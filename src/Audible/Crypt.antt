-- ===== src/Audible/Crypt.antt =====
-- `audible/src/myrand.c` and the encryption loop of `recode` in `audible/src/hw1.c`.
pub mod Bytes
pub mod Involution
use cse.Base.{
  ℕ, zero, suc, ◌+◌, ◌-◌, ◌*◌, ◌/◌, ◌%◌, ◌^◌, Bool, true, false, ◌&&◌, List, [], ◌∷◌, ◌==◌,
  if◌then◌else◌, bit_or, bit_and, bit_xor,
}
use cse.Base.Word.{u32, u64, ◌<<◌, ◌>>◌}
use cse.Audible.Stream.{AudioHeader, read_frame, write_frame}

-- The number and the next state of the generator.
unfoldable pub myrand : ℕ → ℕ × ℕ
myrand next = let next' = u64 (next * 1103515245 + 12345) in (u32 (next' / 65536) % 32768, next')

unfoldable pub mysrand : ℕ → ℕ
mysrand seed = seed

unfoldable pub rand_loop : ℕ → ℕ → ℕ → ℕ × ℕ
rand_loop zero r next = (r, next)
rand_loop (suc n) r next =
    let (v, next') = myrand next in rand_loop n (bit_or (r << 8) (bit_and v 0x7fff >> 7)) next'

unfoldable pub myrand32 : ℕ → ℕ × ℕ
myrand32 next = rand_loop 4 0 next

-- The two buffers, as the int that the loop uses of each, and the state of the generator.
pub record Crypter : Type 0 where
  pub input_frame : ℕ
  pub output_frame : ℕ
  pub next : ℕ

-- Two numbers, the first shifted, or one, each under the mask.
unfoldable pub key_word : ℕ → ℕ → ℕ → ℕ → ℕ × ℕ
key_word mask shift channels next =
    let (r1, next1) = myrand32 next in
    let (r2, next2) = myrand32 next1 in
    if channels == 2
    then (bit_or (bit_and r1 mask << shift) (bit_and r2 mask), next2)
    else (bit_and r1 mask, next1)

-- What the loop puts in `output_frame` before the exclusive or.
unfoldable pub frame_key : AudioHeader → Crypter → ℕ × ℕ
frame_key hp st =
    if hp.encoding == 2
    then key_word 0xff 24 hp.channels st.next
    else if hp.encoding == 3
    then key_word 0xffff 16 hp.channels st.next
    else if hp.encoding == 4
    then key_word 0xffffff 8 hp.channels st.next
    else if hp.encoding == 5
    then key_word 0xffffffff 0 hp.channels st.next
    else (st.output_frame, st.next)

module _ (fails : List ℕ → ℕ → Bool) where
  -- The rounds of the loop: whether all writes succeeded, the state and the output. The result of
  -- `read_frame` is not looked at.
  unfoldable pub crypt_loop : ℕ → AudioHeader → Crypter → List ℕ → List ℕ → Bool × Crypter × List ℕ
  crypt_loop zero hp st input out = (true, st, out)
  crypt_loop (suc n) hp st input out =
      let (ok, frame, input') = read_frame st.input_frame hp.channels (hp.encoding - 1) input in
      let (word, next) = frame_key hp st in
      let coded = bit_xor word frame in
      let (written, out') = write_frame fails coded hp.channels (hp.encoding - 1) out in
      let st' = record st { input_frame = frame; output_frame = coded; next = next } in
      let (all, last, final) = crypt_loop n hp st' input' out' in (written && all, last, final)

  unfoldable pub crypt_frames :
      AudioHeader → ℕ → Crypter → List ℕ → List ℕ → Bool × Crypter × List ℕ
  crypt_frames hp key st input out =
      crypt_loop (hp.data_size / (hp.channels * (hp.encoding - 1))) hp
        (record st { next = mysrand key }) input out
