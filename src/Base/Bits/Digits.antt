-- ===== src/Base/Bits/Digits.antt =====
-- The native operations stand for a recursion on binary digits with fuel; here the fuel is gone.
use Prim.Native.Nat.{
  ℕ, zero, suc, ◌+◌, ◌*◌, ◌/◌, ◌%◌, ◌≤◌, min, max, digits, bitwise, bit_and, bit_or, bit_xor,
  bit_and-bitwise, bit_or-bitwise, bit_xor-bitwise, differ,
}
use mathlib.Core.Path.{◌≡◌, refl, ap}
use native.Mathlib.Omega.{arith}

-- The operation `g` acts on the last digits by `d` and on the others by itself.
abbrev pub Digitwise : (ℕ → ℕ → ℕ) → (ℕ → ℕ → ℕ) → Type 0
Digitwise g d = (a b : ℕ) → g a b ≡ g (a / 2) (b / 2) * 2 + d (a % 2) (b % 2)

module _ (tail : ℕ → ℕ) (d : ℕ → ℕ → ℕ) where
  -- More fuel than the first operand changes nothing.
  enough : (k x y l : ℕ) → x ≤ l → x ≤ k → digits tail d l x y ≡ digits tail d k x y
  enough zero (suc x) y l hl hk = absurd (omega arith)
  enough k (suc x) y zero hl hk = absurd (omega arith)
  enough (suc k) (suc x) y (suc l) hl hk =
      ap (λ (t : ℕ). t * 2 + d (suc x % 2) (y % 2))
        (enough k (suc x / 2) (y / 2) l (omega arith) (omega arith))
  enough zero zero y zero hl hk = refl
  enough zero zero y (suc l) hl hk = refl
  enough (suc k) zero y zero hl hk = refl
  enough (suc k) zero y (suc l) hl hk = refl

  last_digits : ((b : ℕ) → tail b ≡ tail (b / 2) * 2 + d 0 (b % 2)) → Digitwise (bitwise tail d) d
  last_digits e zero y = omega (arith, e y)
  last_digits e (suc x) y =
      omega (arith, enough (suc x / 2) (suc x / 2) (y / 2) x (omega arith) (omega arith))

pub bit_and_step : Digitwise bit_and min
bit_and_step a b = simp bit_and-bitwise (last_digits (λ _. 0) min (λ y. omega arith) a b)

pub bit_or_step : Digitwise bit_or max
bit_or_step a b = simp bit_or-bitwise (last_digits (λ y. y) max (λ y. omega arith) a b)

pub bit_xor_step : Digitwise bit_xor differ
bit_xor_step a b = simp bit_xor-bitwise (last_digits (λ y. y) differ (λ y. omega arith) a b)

TASK ITEM: Please copy out every line in the listing that has the string "filename".

SOLUTION:
filename src/Audible/Crypt.antt
filename src/Base/Bits/Digits.antt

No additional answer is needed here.